Boil the whole twenty minutes. Then put it warm into a jar, and let it stand three weeks closely covered. Stir it up daily.
Then strain it through a sieve, and put it up in small bottles to flavour fish and other sauces.
This is sometimes called lemon pickle.
SEA CATCHUP.—
Take a gallon of stale strong beer, a pound of anchovies washed from the pickle, a pound of peeled shalots or small onions, half an ounce of mace, half an ounce of cloves, a quarter of an ounce of whole pepper, three or four large pieces of ginger, and two quarts of large mushroom-flaps rubbed to pieces. Put the whole into a kettle closely covered, and let it simmer slowly till reduced to one half. Then strain it through a flannel bag, and let it stand till quite cold before you bottle it. Have small bottles and fill them quite full of the catchup. Dip the corks in melted rosin.

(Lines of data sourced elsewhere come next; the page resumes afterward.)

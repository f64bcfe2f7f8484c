-- ===== src/Rpc/Process/Results.antt =====
-- The answer of an RPC request whose method is done in time (rupicolarpc/rupicolarpc.go).
use rupicola_go.Base.{
  ℕ, ◌≤◌, ◌<◌, Bytes, List, [], ◌∷◌, length, true, Option, none, some, ◌≡◌, refl, sym, ap, ◌∙◌,
  arith, ◌==◌, nat_eq, if◌then◌else◌,
}
use mathlib.Core.Path.{subst}
use mathlib.Core.Option.{some-injective}
use rupicola_go.Base.Int.{max_int64, to_int64}
use rupicola_go.Rpc.Value.{Any, rpc, Call, set_result, value, rpc_method}
use rupicola_go.Rpc.Errors.{new_error, new_result, err_limit_exceed}
use rupicola_go.Rpc.Limit.{Outcome}
use rupicola_go.Rpc.Base.{Env}
use rupicola_go.Rpc.Plain
use rupicola_go.Rpc.Plain.{Plain}
use rupicola_go.Rpc.Plain.Results.{Holds, set_response_result_fits, set_response_result_exceeds}
use rupicola_go.Rpc.Responser
use rupicola_go.Rpc.Responser.{Responser, plain, transport, copy_chunks, copy_reader}
use rupicola_go.Rpc.Registry.{MethodDef, Processor, find_method}
use rupicola_go.Rpc.Decode.{Body, read_from, is_valid}
use rupicola_go.Rpc.Process.{
  Live, Schedule, in_time, ensure_protocol, identified, dispatch, serve_method, invoke_method,
  process_context, read_from_transport, close, finish_response, run_calls, call, global_timeout,
  set_response_result,
}
use rupicola_go.Rpc.Process.Refusals.{process-request, seen}
use rupicola_go.Rpc.Process.Answers.{served, answer_id_read, rpc_error, process_context-served}

-- The bytes that a limit allows, of which 0 means none.
abbrev pub allowed : ℕ → ℕ
allowed n = if n == 0 then max_int64 else n

limited-Holds :
    (E : Env) (out : E.Sink) (i : Any) (n : ℕ)
    → n ≤ max_int64
    → (b : Plain E.Sink) × (Responser.limit_response E
          (to_int64 n)
          (Responser.identify E (some i) (plain (Plain.new_rpc_response E out)))
        ≡ plain b)
      × Holds out (some i) (allowed n) [] b
unfolding Responser.limit_response Responser.identify Plain.new_rpc_response
limited-Holds E out i n h = (_, refl, ground arith)

close-plain :
    {E : Env} {U : Type 0} (f : Live E U) (b : Plain E.Sink)
    → f.responser ≡ plain b
    → f.err ≡ none
    → transport E (close f).1 ≡ (Plain.close E b).1.raw
unfolding close ensure_protocol finish_response transport Responser.close
    Responser.change_protocol_if_required
close-plain f b h k = ground arith

module _ {E : Env} {U : Type 0} where
  pub dispatch-found :
      (p : Processor U) (sched : Schedule) (f : Live E U) {m : MethodDef U}
      → is_valid f.request ≡ true
      → find_method f.request.method f.mode p ≡ some m
      → dispatch p sched f ≡ serve_method m (global_timeout f.mode p) sched f
  unfolding dispatch
  dispatch-found p sched f h k = ground arith

module _ (E : Env) {U : Type 0} (p : Processor U) (body : Body) (u : U) (flush_at : Option ℕ)
    (out : E.Sink) where
  module _ (i : Any) (m : MethodDef U) (read : (read_from body).0 ≡ none)
      (named : (read_from body).1.id ≡ some i) (valid : is_valid (read_from body).1 ≡ true)
      (found : find_method (read_from body).1.method rpc_method p ≡ some m)
      (bounded : m.limits.max_response ≤ max_int64) where
    -- The responser that the method writes to.
    abbrev pub limited : Responser E
    limited =
        Responser.limit_response E (to_int64 m.limits.max_response)
          (Responser.identify E (read_from body).1.id (plain (Plain.new_rpc_response E out)))

    pub served-called :
        (f : Live E U) × (f.responser ≡ limited)
        × (f.mode ≡ rpc_method)
        × (f.flush_at ≡ flush_at)
        × (served E p body u in_time flush_at out ≡ run_calls (m.invoker (seen body u)) f)
    unfolding served identified ensure_protocol read_from_transport serve_method invoke_method
        Responser.change_protocol_if_required
    served-called = (
      _,
      refl,
      refl,
      refl,
      process-request p in_time _ read ∙ dispatch-found p in_time _ valid found,
    )

    pub limited-plain :
        (b : Plain E.Sink) × (limited ≡ plain b)
        × Holds out (some i) (allowed m.limits.max_response) [] b
    limited-plain =
        subst
          (λ (id : Option Any).
            (b : Plain E.Sink) × (Responser.limit_response E (to_int64 m.limits.max_response)
                (Responser.identify E id (plain (Plain.new_rpc_response E out)))
              ≡ plain b)
            × Holds out (some i) (allowed m.limits.max_response) [] b)
          (sym named) (limited-Holds E out i m.limits.max_response bounded)

    served-value :
        (a : Any)
        → m.invoker (seen body u) ≡ set_result (value a) ∷ []
        → (b : Plain E.Sink) × Holds out (some i) (allowed m.limits.max_response) [] b
          × ((served E p body u in_time flush_at out).err ≡ (Plain.set_response_result E a b).0)
          × ((served E p body u in_time flush_at out).responser
              ≡ plain (Plain.set_response_result E a b).1)
    unfolding set_response_result Responser.set_response_result run_calls call
    served-value a calls =
        let (f, e, _, _, run) = served-called in
        let (b, k, h) = limited-plain in
        let same : served E p body u in_time flush_at out
            ≡ run_calls (set_result (value a) ∷ []) f =
          run ∙ ap (λ (cs : List Call). run_calls cs f) calls in
        let there : f.responser ≡ plain b = e ∙ k in
        (
          b,
          h,
          ap (λ (g : Live E U). g.err) same
              ∙ ap (λ (s : Responser E). (Responser.set_response_result E a s).0) there,
          ap (λ (g : Live E U). g.responser) same
              ∙ ap (λ (s : Responser E). (Responser.set_response_result E a s).1) there,
        )

    -- What the answer leaves on the transport, for one that ends with no error.
    pub closed-plain :
        (b : Plain E.Sink) {r : Outcome (Responser E)}
        → process_context p body rpc_method u in_time flush_at out ≡ some r
        → (served E p body u in_time flush_at out).err ≡ none
        → (served E p body u in_time flush_at out).responser ≡ plain b
        → transport E r.1 ≡ (Plain.close E b).1.raw
    closed-plain b {r} run e k =
        let f = served E p body u in_time flush_at out in
        ap (λ (o : Outcome (Responser E)). transport E o.1)
          (some-injective r (close f)
            (sym run ∙ process_context-served E p body u in_time flush_at out))
        ∙ close-plain f b k e

    -- A valid request whose method gives one value in time is answered by the one write of the
    -- result object with its id, if that object has a text within the limit of the method. The
    -- limit is within an int64, and 0 stands for the largest.
    pub rpc_result :
        (a : Any) (line : Bytes) {r : Outcome (Responser E)}
        → process_context p body rpc_method u in_time flush_at out ≡ some r
        → m.invoker (seen body u) ≡ set_result (value a) ∷ []
        → E.marshal (new_result a (some i)) ≡ some line
        → 0 < length line
        → length line ≤ allowed m.limits.max_response
        → transport E r.1 ≡ (E.write line out).sink
    rpc_result a line run calls marshalled full fits =
        let (b, h, e, k) = served-value a calls in
        let (none_set, sent) =
          set_response_result_fits E out (some i) a i (allowed m.limits.max_response) line b h
            marshalled full fits in
        closed-plain (Plain.set_response_result E a b).1 run (e ∙ none_set) k ∙ sent

    -- The limit of a method counts the JSON around a value too: if the whole result object of a
    -- value is longer than the limit, the answer to the valid request is the error Limit Exceed
    -- with the id of the request, and nothing of the result is sent. The error object has a text,
    -- and a flush adds nothing.
    pub rpc_limit :
        (a : Any) (long line : Bytes) {r : Outcome (Responser E)}
        → ((s : E.Sink) → E.flush s ≡ s)
        → process_context p body rpc_method u in_time flush_at out ≡ some r
        → m.invoker (seen body u) ≡ set_result (value a) ∷ []
        → E.marshal (new_result a (some i)) ≡ some long
        → allowed m.limits.max_response < length long
        → E.marshal (new_error (rpc err_limit_exceed) (some i)) ≡ some line
        → 0 < length line
        → (r.0 ≡ some (rpc err_limit_exceed)) × (transport E r.1 ≡ (E.write line out).sink)
    rpc_limit a long line keeps run calls marshalled big refusal full =
        let (b, h, e, k) = served-value a calls in
        rpc_error E keeps p body u in_time flush_at out i line run
          (e
            ∙ set_response_result_exceeds E out (some i) a i (allowed m.limits.max_response) long b
                h marshalled big)
          (answer_id_read body read ∙ named) refusal full
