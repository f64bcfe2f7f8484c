-- ===== src/Rpc/Process/Late.antt =====
-- A copy that is under way when the context of its request ends (rupicolarpc/rupicolarpc.go).
use rupicola_go.Base.{
  ℕ, Bytes, List, [], ◌∷◌, ◌++◌, take, drop, take-append-drop, true, Option, none, some, ◌≡◌, refl,
  sym, ap, ◌∙◌,
}
use rupicola_go.Rpc.Value.{
  MethodType, rpc_method, streaming_method_legacy, streaming_method, unknown_method, Reader, Call,
  set_error, set_result, reader, value,
}
use rupicola_go.Rpc.Limit.{Outcome, ◌or_return◌, or_return_assoc}
use rupicola_go.Rpc.Base.{Env}
use rupicola_go.Rpc.Responser
use rupicola_go.Rpc.Responser.{Responser, copy_chunk, copy_chunks, copy_reader}
use rupicola_go.Rpc.Registry.{MethodDef, Processor, find_method}
use rupicola_go.Rpc.Decode.{Body, read_from, is_valid}
use rupicola_go.Rpc.Process.{
  Live, in_time, interrupted, ensure_protocol, identified, dispatch, serve_method, forced,
  copy_flushed, call, invoke_method, interrupt, run_calls, set_response_result, set_response_error,
  request_of, process, process_context, read_from_transport, spawn_request, close,
}
use rupicola_go.Rpc.Process.Refusals.{seen, process-request}
use rupicola_go.Rpc.Process.Results.{dispatch-found}

or_return-same :
    {S : Type 0} (m : Outcome S) (f g : S → Outcome S)
    → ((s : S) → f s ≡ g s)
    → (m or_return f) ≡ (m or_return g)
or_return-same (none, s) f g h = h s
or_return-same (some e, s) f g h = refl

forced-none : (mode : MethodType) → forced mode none ≡ none
unfolding forced
forced-none rpc_method = refl
forced-none streaming_method_legacy = refl
forced-none streaming_method = refl
forced-none unknown_method = refl

module _ (E : Env) where
  copy_chunks-append :
      (cs ds : List Bytes) (s : Responser E)
      → copy_chunks E (cs ++ ds) s ≡ (copy_chunks E cs s or_return copy_chunks E ds)
  unfolding copy_chunks
  copy_chunks-append [] ds s = refl
  copy_chunks-append (c ∷ cs) ds s =
      or_return-same (copy_chunk E c s) (copy_chunks E (cs ++ ds))
        (λ s'. copy_chunks E cs s' or_return copy_chunks E ds) (copy_chunks-append cs ds)
      ∙ sym (or_return_assoc (copy_chunk E c s) (copy_chunks E cs) (copy_chunks E ds))

  -- A copy in two parts is the copy of the whole.
  copy_reader-parts :
      (n : ℕ) (r : Reader) (s : Responser E)
      → (copy_chunks E (take n r.chunks) s
          or_return copy_reader E (record r { chunks = drop n r.chunks }))
        ≡ copy_reader E r s
  unfolding copy_reader
  copy_reader-parts n r s =
      let end : Responser E → Outcome (Responser E) = λ s'. (r.fault, s') in
      sym
        (or_return_assoc (copy_chunks E (take n r.chunks) s) (copy_chunks E (drop n r.chunks)) end)
      ∙ ap (λ (o : Outcome (Responser E)). o or_return end)
          (sym (copy_chunks-append (take n r.chunks) (drop n r.chunks) s))
      ∙ ap (λ (cs : List Bytes). copy_chunks E cs s or_return end) (take-append-drop n r.chunks)

module _ {E : Env} {U : Type 0} where
  call-flush_at : (c : Call) (f : Live E U) → (call c f).flush_at ≡ f.flush_at
  unfolding call set_response_result set_response_error
  call-flush_at (set_error e) f = refl
  call-flush_at (set_result (reader r)) f = refl
  call-flush_at (set_result (value a)) f = refl

  run_calls-flush_at : (cs : List Call) (f : Live E U) → (run_calls cs f).flush_at ≡ f.flush_at
  unfolding run_calls
  run_calls-flush_at [] f = refl
  run_calls-flush_at (c ∷ cs) f = run_calls-flush_at cs (call c f) ∙ call-flush_at c f

  run_calls-append :
      (cs ds : List Call) (f : Live E U) → run_calls (cs ++ ds) f ≡ run_calls ds (run_calls cs f)
  unfolding run_calls
  run_calls-append [] ds f = refl
  run_calls-append (c ∷ cs) ds f = run_calls-append cs ds (call c f)

  interrupt-copy :
      (r : Reader) (n : ℕ) (f : Live E U)
      → f.flush_at ≡ none
      → interrupt (set_result (reader r) ∷ []) n true f ≡ run_calls (set_result (reader r) ∷ []) f
  unfolding interrupt run_calls call set_response_result copy_flushed
  interrupt-copy r n f h =
      let whole : (copy_chunks E (take n r.chunks) f.responser
            or_return copy_reader E (record r { chunks = drop n r.chunks }))
          ≡ copy_flushed (forced f.mode f.flush_at) r f.responser =
        copy_reader-parts E n r f.responser
        ∙ sym (
            ap (λ (at_chunk : Option ℕ). copy_flushed {E = E} at_chunk r f.responser)
              (ap (forced f.mode) h ∙ forced-none f.mode)) in
      ap (λ (o : Outcome (Responser E)). record f { err = o.0; responser = o.1 }) whole

  invoke_method-copy :
      (calls : List Call) (k n : ℕ) (r : Reader) (f : Live E U)
      → drop k calls ≡ set_result (reader r) ∷ []
      → f.flush_at ≡ none
      → invoke_method calls (interrupted k n true) f ≡ invoke_method calls in_time f
  unfolding invoke_method
  invoke_method-copy calls k n r f e h =
      let before = run_calls (take k calls) f in
      ap (λ (cs : List Call). interrupt cs n true before) e
      ∙ interrupt-copy r n before (run_calls-flush_at (take k calls) f ∙ h)
      ∙ ap (λ (cs : List Call). run_calls cs before) (sym e)
      ∙ sym (run_calls-append (take k calls) (drop k calls) f)
      ∙ ap (λ (cs : List Call). run_calls cs f) (take-append-drop k calls)

  dispatch-copy :
      (p : Processor U) (k n : ℕ) (r : Reader) (f : Live E U) {m : MethodDef U}
      → is_valid f.request ≡ true
      → find_method f.request.method f.mode p ≡ some m
      → drop k (m.invoker (request_of f)) ≡ set_result (reader r) ∷ []
      → f.flush_at ≡ none
      → dispatch p (interrupted k n true) f ≡ dispatch p in_time f
  unfolding serve_method
  dispatch-copy p k n r f {m} valid found last h =
      dispatch-found p (interrupted k n true) f valid found
      ∙ invoke_method-copy (m.invoker (request_of f)) k n r _ last h
      ∙ sym (dispatch-found p in_time f valid found)

  process-copy :
      (p : Processor U) (k n : ℕ) (r : Reader) (f : Live E U) {m : MethodDef U}
      → f.err ≡ none
      → is_valid f.request ≡ true
      → find_method f.request.method f.mode p ≡ some m
      → drop k (m.invoker (request_of f)) ≡ set_result (reader r) ∷ []
      → f.flush_at ≡ none
      → process p (interrupted k n true) f ≡ process p in_time f
  unfolding identified ensure_protocol
  process-copy p k n r f ok valid found last h =
      process-request p (interrupted k n true) f ok
      ∙ dispatch-copy p k n r (identified (ensure_protocol f)) valid found last h
      ∙ sym (process-request p in_time f ok)

-- A copy that is the last call of the method, and within which the context of the request ends, is
-- answered as if it had been done in time, and not by the Timeout error, if it ends while `process`
-- waits for it. The request is valid, its method is known, and no flush is forced.
process_context-late_copy :
    (E : Env) {U : Type 0} (p : Processor U) (body : Body) (mode : MethodType) (u : U) (k n : ℕ)
    (out : E.Sink) {m : MethodDef U} (r : Reader)
    → (read_from body).0 ≡ none
    → is_valid (read_from body).1 ≡ true
    → find_method (read_from body).1.method mode p ≡ some m
    → drop k (m.invoker (seen body u)) ≡ set_result (reader r) ∷ []
    → process_context {E = E} p body mode u (interrupted k n true) none out
      ≡ process_context {E = E} p body mode u in_time none out
unfolding process_context spawn_request read_from_transport Responser.new_responser
process_context-late_copy E p body rpc_method u k n out r read valid found last =
    ap (λ (f : Live E _). some (close f)) (process-copy p k n r _ read valid found last refl)
process_context-late_copy E p body streaming_method_legacy u k n out r read valid found last =
    ap (λ (f : Live E _). some (close f)) (process-copy p k n r _ read valid found last refl)
process_context-late_copy E p body streaming_method u k n out r read valid found last =
    ap (λ (f : Live E _). some (close f)) (process-copy p k n r _ read valid found last refl)
process_context-late_copy E p body unknown_method u k n out r read valid found last = refl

This catchup keeps well at sea, and may be carried into any part of the world. A spoonful of it mixed in melted butter will make a fine fish sauce. It may also be used to flavour gravy.
[FLAVOURED VINEGARS.]
These vinegars will be found very useful, at times when the articles with which they are flavoured cannot be conveniently procured. Care should be taken to have the bottles that contain them accurately labelled, very tightly corked, and kept in a dry place. The vinegar used for these purposes should be of the very best sort.